Find the line containing "i (ground arith))" in the entries below. Restate it and each line after it, word for word, up to and including the line containing "(λ x. (some".

Segment Start: Exercise materials

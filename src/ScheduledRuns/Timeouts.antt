-- ===== src/ScheduledRuns/Timeouts.antt =====
-- What the watchdog leaves, and what a retention of no runs does to the overlap guard.
use mathlib.Core.Bool.{false≢true}
use zeromux.Prelude.{
  ◌+◌, ◌*◌, ◌<◌, ◌≤◌, unwrap_or, sym, ◌∙◌, ◌⊎◌, Bool-cases, ℕ, ◌≡◌, refl, String, str_eq, eq_iff,
  true, false, not, ◌&&◌, Option, none, some, List, [], ◌∷◌, retain, arith, All, is_some, inl, inr,
}
use zeromux.ScheduledRuns.{
  TaskRun, is_active, set_run_state, set_row, active_of, active_states_for_task,
  should_skip_overlap,
}
use zeromux.ScheduledRuns.Reconcile.{
  TaskConfig, config_of, stale_verdict, timed_out, abort_stale, sweep, verdict_of,
  reconcile_timeouts_per_task, has_run, awaits_confirmation, newest_runs, is_pruned, prune_runs,
}

-- Every run that is still active has the property.
abbrev Active : (TaskRun → Type 0) → List TaskRun → Type 0
Active P = All (λ r. is_active r.state ≡ true → P r)

row_active :
    (P : TaskRun → Type 0) (i kind : String) (now : ℕ) (r : TaskRun)
    → (is_active r.state ≡ true → P r)
    → is_active (set_row i (timed_out kind now) r).state ≡ true
    → P (set_row i (timed_out kind now) r)
unfolding set_row
row_active P i kind now r h = elim (Bool-cases (str_eq r.id i && is_active r.state)) [
  | inl e ↦ rw e (λ a. absurd (false≢true a))
  | inr e ↦ rw e h
]

set_run_state-Active :
    (P : TaskRun → Type 0) (i kind : String) (now : ℕ) (table : List TaskRun)
    → Active P table
    → Active P (set_run_state i (timed_out kind now) table)
unfolding set_run_state set_row
set_run_state-Active P i kind now [] h = tt
set_run_state-Active P i kind now (r ∷ rs) (h, hs) =
    (row_active P i kind now r h, set_run_state-Active P i kind now rs hs)

abort_stale-Active :
    (P : TaskRun → Type 0) (verdict : Option String) (i : String) (now : ℕ) (table : List TaskRun)
    → Active P table
    → Active P (abort_stale verdict i now table)
abort_stale-Active P none i now table h = h
abort_stale-Active P (some kind) i now table h = set_run_state-Active P i kind now table h

str_neq_sym : (a b : String) → str_eq a b ≡ false → str_eq b a ≡ false
str_neq_sym a b h = elim (Bool-cases (str_eq b a)) [
  | inl e ↦ absurd (false≢true (sym h ∙ (eq_iff a b).1 (sym ((eq_iff b a).0 e))))
  | inr e ↦ e
]

Active-both :
    (P Q R : TaskRun → Type 0) (table : List TaskRun)
    → ((r : TaskRun) → P r → Q r → R r)
    → Active P table
    → Active Q table
    → Active R table
Active-both P Q R [] h p q = tt
Active-both P Q R (r ∷ rs) h (p, ps) (q, qs) = (λ a. h r (p a) (q a), Active-both P Q R rs h ps qs)

Active-always :
    (P : TaskRun → Type 0) (table : List TaskRun) → ((r : TaskRun) → P r) → Active P table
Active-always P [] h = tt
Active-always P (r ∷ rs) h = (λ a. h r, Active-always P rs h)

module _ (verdict : TaskRun → Option String) (now : ℕ) where
  sweep-Active :
      (P : TaskRun → Type 0) (runs table : List TaskRun)
      → Active P table
      → Active P (sweep verdict now runs table).0
  unfolding sweep
  sweep-Active P [] table h = h
  sweep-Active P (r ∷ rs) table h =
      sweep-Active P rs (abort_stale (verdict r) r.id now table)
        (abort_stale-Active P (verdict r) r.id now table h)

  -- The candidates with a verdict.
  abbrev stale_of : List TaskRun → List TaskRun
  stale_of = retain (λ r. is_some (verdict r))

  abbrev Cleared : List TaskRun → TaskRun → Type 0
  Cleared runs r = has_run runs r.id ≡ false

  row_cleared :
      (i kind : String) (r : TaskRun)
      → is_active (set_row i (timed_out kind now) r).state ≡ true
      → str_eq i (set_row i (timed_out kind now) r).id ≡ false
  unfolding set_row
  row_cleared i kind r = elim (Bool-cases (str_eq r.id i && is_active r.state)) [
    | inl e ↦ rw e (λ a. absurd (false≢true a))
    | inr e ↦ rw e (λ a. str_neq_sym r.id i (ground arith))
  ]

  aborted_cleared :
      (i kind : String) (table : List TaskRun)
      → Active (λ r. str_eq i r.id ≡ false) (set_run_state i (timed_out kind now) table)
  unfolding set_run_state set_row
  aborted_cleared i kind [] = tt
  aborted_cleared i kind (r ∷ rs) = (row_cleared i kind r, aborted_cleared i kind rs)

  -- The candidate is out of the way, stale or not.
  abort_stale_clears :
      (v : Option String) (i : String) (table : List TaskRun)
      → Active (λ x. (v ≡ none) ⊎ (str_eq i x.id ≡ false)) (abort_stale v i now table)
  abort_stale_clears none i table = Active-always _ table (λ r. inl refl)
  abort_stale_clears (some kind) i table =
      let cleared = aborted_cleared i kind table in
      Active-both (λ x. str_eq i x.id ≡ false) (λ x. str_eq i x.id ≡ false)
        (λ x. (some kind ≡ none) ⊎ (str_eq i x.id ≡ false))
        (set_run_state i (timed_out kind now) table) (λ x. λ a. λ b. inr a) cleared cleared

  sweep_clears :
      (runs table : List TaskRun)
      → Active (Cleared (stale_of runs)) (sweep verdict now runs table).0
  unfolding sweep
  sweep_clears [] table = Active-always (Cleared []) table (λ r. refl)
  sweep_clears (r ∷ rs) table =
      let next = abort_stale (verdict r) r.id now table in
      Active-both (λ x. (verdict r ≡ none) ⊎ (str_eq r.id x.id ≡ false)) (Cleared (stale_of rs))
        (Cleared (stale_of (r ∷ rs))) (sweep verdict now rs next).0 (λ x. λ a. λ b. ground arith)
        (sweep-Active (λ x. (verdict r ≡ none) ⊎ (str_eq r.id x.id ≡ false)) rs next
          (abort_stale_clears (verdict r) r.id table))
        (sweep_clears rs next)

  -- A run with a verdict is among the candidates.
  abbrev Listed : List TaskRun → TaskRun → Type 0
  Listed runs r = has_run runs r.id ≡ false → verdict r ≡ none

  candidates : List TaskRun → List TaskRun
  candidates table = stale_of (retain (λ r. is_active r.state) table)

  candidates-Listed : (table : List TaskRun) → Active (Listed (candidates table)) table
  unfolding candidates
  candidates-Listed [] = tt
  candidates-Listed (r ∷ rs) =
      let S = candidates rs in
      let T = candidates (r ∷ rs) in
      let same : str_eq r.id r.id ≡ true = (eq_iff r.id r.id).1 refl in
      (
        λ a. λ c. ground (arith, a, c, same),
        Active-both (Listed S) (Listed S) (Listed T) rs (λ x. λ p. λ q. λ c. ground (arith, c))
            (candidates-Listed rs) (candidates-Listed rs),
      )

undecided_left :
    (mtime : String → Option ℕ) (now : ℕ) (configs : List TaskConfig) (table : List TaskRun)
    → Active
        (λ r. verdict_of mtime now configs r ≡ none)
        (reconcile_timeouts_per_task mtime now configs table).0
unfolding reconcile_timeouts_per_task candidates
undecided_left mtime now configs table =
    let v = verdict_of mtime now configs in
    let runs = retain (λ r. is_active r.state) table in
    Active-both (Listed v now (candidates v now table)) (Cleared v now (candidates v now table))
      (λ r. v r ≡ none) (sweep v now runs table).0 (λ r. λ p. λ q. p q)
      (sweep-Active v now (Listed v now (candidates v now table)) runs table
        (candidates-Listed v now table))
      (sweep_clears v now runs table)

-- The run's task is configured so, and it has shown a sign of life within its idle timeout and started
-- within its longest time: in minutes, an hour and five hours where the task does not say.
abbrev pub IsInTime : (String → Option ℕ) → ℕ → TaskRun → TaskConfig → Type 0
IsInTime mtime now r c =
    let started = unwrap_or r.started_ms now in
    let last_sign = unwrap_or (mtime r.id) started in
    (now < last_sign + unwrap_or c.idle_timeout_min 60 * 60000)
    × (now ≤ started + unwrap_or c.max_runtime_min 300 * 60000)

no_verdict-IsInTime :
    (mtime : String → Option ℕ) (now : ℕ) (configs : List TaskConfig) (r : TaskRun) (c : TaskConfig)
    → config_of configs r ≡ some c
    → verdict_of mtime now configs r ≡ none
    → IsInTime mtime now r c
unfolding verdict_of stale_verdict
no_verdict-IsInTime mtime now configs r c e h = (ground (arith, e, h), ground (arith, e, h))

-- After a round of the watchdog every run that is still claimed or running, and whose task is configured,
-- has shown a sign of life within the idle timeout of its task before the round's clock, and started no
-- longer ago than the task's longest time: the sign of life is the last change of its event file, or its
-- start if there is no such file, and the timeouts are an hour and five hours where the task has none.
pub reconcile_leaves_none_stale :
    (mtime : String → Option ℕ) (now : ℕ) (configs : List TaskConfig) (table : List TaskRun)
    → All
        (λ r.
          is_active r.state ≡ true
          → (c : TaskConfig) → config_of configs r ≡ some c
          → IsInTime mtime now r c)
        (reconcile_timeouts_per_task mtime now configs table).0
reconcile_leaves_none_stale mtime now configs table =
    let left = undecided_left mtime now configs table in
    Active-both (λ r. verdict_of mtime now configs r ≡ none)
      (λ r. verdict_of mtime now configs r ≡ none)
      (λ r. (c : TaskConfig) → config_of configs r ≡ some c → IsInTime mtime now r c)
      (reconcile_timeouts_per_task mtime now configs table).0
      (λ r. λ p. λ q. λ c. λ e. no_verdict-IsInTime mtime now configs r c e p) left left

newest_none : (task_id : String) (table : List TaskRun) → newest_runs task_id 0 table ≡ []
unfolding newest_runs
newest_none task_id table = refl

active_pruned :
    (configs : List TaskConfig) (task_id : String) (r : TaskRun)
    → active_of task_id r ≡ true
    → not (is_pruned configs task_id [] r) ≡ false
unfolding is_pruned active_of awaits_confirmation
active_pruned configs task_id r h = ground arith

none_active :
    (configs : List TaskConfig) (task_id : String) (table : List TaskRun)
    → should_skip_overlap
        (active_states_for_task task_id (retain (λ r. not (is_pruned configs task_id [] r)) table))
      ≡ false
unfolding should_skip_overlap active_states_for_task
none_active configs task_id [] = refl
none_active configs task_id (r ∷ rs) =
    ground (arith, none_active configs task_id rs, active_pruned configs task_id r)

-- A retention of no runs takes the rows of the runs that are still claimed or running as well: after
-- it the overlap guard of the task is open, whatever ran.
pub prune_opens_guard :
    (configs : List TaskConfig) (task_id : String) (table : List TaskRun)
    → should_skip_overlap (active_states_for_task task_id (prune_runs configs task_id 0 table))
      ≡ false
unfolding prune_runs newest_runs
prune_opens_guard configs task_id table = none_active configs task_id table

Segment End: Exercise materials

### Final answer:
    | inr e ↦ rw e (λ a. str_neq_sym r.id i (ground arith))
  ]

  aborted_cleared :
      (i kind : String) (table : List TaskRun)
      → Active (λ r. str_eq i r.id ≡ false) (set_run_state i (timed_out kind now) table)
  unfolding set_run_state set_row
  aborted_cleared i kind [] = tt
  aborted_cleared i kind (r ∷ rs) = (row_cleared i kind r, aborted_cleared i kind rs)

  -- The candidate is out of the way, stale or not.
  abort_stale_clears :
      (v : Option String) (i : String) (table : List TaskRun)
      → Active (λ x. (v ≡ none) ⊎ (str_eq i x.id ≡ false)) (abort_stale v i now table)
  abort_stale_clears none i table = Active-always _ table (λ r. inl refl)
  abort_stale_clears (some kind) i table =
      let cleared = aborted_cleared i kind table in
      Active-both (λ x. str_eq i x.id ≡ false) (λ x. str_eq i x.id ≡ false)
        (λ x. (some kind ≡ none) ⊎ (str_eq i x.id ≡ false))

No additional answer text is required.